SOURCE DATA section start
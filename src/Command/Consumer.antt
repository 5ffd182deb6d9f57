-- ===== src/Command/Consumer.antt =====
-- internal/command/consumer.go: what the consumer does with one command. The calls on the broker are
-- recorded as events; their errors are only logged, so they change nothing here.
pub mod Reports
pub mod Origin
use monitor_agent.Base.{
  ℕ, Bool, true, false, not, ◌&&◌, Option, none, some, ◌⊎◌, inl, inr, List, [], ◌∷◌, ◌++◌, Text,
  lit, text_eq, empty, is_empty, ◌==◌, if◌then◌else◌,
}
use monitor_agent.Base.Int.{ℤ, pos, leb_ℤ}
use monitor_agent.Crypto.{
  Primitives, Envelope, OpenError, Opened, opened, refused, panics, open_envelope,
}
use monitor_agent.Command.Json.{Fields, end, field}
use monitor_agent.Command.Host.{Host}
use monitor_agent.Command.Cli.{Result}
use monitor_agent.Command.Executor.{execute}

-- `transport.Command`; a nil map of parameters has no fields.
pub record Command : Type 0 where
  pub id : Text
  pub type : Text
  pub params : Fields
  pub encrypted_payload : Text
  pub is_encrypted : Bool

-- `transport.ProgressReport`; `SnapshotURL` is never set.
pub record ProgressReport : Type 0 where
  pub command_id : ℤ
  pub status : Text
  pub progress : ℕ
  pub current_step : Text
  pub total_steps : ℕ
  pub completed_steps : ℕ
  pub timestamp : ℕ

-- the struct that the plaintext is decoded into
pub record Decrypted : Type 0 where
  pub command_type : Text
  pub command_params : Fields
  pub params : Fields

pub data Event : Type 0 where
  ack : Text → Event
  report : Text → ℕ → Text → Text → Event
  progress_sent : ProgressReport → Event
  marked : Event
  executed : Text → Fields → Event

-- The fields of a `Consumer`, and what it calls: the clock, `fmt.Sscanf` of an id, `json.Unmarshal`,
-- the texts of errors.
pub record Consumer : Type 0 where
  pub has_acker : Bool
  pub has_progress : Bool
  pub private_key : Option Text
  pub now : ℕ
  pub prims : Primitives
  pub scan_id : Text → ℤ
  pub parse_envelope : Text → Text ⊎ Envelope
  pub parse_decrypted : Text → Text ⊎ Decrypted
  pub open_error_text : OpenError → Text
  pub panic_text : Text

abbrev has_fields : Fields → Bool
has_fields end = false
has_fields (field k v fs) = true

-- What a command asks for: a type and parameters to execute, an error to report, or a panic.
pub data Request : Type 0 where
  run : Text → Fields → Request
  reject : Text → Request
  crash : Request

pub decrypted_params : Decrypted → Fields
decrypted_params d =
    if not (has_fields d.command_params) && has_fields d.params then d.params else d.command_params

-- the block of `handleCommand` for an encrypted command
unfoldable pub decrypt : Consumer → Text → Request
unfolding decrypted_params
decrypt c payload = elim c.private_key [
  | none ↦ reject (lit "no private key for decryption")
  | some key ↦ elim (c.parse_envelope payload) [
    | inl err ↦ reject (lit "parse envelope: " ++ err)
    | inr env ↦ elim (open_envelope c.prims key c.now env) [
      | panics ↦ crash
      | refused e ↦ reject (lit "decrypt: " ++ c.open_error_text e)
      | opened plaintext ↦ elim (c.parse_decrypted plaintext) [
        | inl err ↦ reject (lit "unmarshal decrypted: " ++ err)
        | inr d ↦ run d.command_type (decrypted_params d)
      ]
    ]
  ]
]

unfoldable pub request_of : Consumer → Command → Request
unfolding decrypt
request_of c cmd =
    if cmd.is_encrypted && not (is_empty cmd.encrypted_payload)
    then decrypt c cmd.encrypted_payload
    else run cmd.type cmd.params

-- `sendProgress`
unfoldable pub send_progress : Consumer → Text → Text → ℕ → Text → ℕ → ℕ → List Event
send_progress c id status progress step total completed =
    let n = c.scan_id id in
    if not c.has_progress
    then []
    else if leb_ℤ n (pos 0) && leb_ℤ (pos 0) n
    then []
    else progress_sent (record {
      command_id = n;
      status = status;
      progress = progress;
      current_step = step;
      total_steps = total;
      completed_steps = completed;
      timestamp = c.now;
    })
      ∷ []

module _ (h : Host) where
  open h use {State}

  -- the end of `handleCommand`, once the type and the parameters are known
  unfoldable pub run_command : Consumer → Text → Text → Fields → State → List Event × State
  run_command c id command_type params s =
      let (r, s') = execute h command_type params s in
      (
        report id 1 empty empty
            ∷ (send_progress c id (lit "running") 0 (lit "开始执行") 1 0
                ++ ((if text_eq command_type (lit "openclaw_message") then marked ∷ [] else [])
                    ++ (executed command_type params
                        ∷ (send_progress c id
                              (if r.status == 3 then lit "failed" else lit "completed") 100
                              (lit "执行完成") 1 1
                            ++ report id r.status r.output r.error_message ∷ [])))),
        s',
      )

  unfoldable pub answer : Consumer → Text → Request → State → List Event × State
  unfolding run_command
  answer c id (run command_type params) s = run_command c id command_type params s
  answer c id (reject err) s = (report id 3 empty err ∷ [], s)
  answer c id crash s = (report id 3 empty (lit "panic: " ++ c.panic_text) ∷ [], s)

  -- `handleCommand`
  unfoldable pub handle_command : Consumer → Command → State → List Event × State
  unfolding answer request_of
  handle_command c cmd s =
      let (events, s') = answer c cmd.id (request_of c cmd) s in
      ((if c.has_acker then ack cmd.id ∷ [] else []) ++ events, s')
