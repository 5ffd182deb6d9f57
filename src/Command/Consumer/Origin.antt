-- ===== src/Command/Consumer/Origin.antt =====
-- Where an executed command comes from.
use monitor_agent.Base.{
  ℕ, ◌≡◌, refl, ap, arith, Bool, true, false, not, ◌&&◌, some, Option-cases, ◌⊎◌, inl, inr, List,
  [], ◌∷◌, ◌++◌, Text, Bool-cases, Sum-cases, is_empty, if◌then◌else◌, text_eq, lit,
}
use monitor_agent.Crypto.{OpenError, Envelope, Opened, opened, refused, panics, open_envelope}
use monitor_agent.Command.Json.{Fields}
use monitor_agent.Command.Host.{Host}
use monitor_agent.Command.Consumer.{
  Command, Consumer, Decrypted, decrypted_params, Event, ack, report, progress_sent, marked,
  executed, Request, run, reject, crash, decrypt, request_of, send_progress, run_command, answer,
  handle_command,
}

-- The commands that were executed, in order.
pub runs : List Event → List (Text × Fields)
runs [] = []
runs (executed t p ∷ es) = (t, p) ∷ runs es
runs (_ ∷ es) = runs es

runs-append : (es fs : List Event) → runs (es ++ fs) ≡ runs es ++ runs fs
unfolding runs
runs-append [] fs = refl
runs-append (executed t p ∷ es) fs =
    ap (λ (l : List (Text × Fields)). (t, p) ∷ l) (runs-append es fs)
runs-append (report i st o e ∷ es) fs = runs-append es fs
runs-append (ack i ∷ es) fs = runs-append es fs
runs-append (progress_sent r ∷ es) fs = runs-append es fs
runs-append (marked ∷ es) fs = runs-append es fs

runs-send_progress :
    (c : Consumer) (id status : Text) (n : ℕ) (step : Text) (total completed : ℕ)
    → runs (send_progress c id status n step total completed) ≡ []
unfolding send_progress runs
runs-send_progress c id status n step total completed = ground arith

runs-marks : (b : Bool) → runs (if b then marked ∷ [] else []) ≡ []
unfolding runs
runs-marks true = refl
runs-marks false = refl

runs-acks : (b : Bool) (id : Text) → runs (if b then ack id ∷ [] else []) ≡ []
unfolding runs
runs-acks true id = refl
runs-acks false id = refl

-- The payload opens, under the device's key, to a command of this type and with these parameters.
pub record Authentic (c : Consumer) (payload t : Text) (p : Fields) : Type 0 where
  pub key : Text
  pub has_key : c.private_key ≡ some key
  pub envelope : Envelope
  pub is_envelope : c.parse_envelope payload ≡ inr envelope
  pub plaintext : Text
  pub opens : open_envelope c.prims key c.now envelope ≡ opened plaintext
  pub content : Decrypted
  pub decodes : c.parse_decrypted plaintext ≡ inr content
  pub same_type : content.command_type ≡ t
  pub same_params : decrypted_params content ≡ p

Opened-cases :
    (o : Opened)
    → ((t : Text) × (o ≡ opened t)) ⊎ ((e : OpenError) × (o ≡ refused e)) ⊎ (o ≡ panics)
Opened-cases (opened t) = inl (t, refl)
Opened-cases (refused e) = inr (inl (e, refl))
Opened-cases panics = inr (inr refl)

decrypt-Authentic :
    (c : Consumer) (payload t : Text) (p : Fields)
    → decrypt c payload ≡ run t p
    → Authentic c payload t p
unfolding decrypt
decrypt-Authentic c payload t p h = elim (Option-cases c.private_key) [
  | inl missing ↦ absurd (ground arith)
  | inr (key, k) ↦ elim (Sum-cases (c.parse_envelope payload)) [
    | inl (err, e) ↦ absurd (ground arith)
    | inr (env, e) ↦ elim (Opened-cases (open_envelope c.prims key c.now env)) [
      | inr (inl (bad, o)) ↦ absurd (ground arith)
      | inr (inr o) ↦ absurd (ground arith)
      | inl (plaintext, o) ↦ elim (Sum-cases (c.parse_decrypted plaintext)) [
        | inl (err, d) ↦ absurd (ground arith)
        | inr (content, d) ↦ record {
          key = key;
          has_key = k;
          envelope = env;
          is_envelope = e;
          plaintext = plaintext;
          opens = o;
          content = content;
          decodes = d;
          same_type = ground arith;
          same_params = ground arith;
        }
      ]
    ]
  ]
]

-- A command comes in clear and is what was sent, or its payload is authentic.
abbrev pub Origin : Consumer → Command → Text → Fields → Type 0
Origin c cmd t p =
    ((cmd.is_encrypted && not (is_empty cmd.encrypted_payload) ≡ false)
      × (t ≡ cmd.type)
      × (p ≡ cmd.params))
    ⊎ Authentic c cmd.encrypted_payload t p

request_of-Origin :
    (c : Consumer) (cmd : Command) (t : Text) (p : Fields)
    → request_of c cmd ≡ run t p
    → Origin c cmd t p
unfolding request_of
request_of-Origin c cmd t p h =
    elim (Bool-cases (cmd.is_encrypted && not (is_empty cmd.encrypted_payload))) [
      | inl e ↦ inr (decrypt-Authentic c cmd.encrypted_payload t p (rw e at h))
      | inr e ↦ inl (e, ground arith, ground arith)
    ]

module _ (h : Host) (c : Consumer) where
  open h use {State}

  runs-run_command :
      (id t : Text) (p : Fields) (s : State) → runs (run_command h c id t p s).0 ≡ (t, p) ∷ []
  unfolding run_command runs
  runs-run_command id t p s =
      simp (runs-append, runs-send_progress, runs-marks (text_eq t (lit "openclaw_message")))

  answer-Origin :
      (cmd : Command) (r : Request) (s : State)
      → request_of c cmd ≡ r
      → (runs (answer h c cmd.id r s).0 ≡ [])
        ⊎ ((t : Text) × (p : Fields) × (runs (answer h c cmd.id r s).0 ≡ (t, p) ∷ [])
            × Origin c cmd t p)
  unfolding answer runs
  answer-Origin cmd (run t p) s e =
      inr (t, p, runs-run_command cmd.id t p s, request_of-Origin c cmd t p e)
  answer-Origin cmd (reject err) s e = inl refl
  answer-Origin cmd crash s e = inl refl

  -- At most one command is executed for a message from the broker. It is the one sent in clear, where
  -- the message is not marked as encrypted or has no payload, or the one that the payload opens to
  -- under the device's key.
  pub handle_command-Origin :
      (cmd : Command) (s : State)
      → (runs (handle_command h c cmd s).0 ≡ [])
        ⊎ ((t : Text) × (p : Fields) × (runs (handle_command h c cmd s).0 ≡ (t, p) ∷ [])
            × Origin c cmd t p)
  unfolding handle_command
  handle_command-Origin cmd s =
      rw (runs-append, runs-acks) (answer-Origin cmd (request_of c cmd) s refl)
SOURCE DATA section end
Return only the lines between the one holding "pub command_type : Text" and the one holding "pub open_error_text : OpenError → Text", inclusive, exactly as they appear above.

  pub command_type : Text
  pub command_params : Fields
  pub params : Fields

pub data Event : Type 0 where
  ack : Text → Event
  report : Text → ℕ → Text → Text → Event
  progress_sent : ProgressReport → Event
  marked : Event
  executed : Text → Fields → Event

-- The fields of a `Consumer`, and what it calls: the clock, `fmt.Sscanf` of an id, `json.Unmarshal`,
-- the texts of errors.
pub record Consumer : Type 0 where
  pub has_acker : Bool
  pub has_progress : Bool
  pub private_key : Option Text
  pub now : ℕ
  pub prims : Primitives
  pub scan_id : Text → ℤ
  pub parse_envelope : Text → Text ⊎ Envelope
  pub parse_decrypted : Text → Text ⊎ Decrypted
  pub open_error_text : OpenError → Text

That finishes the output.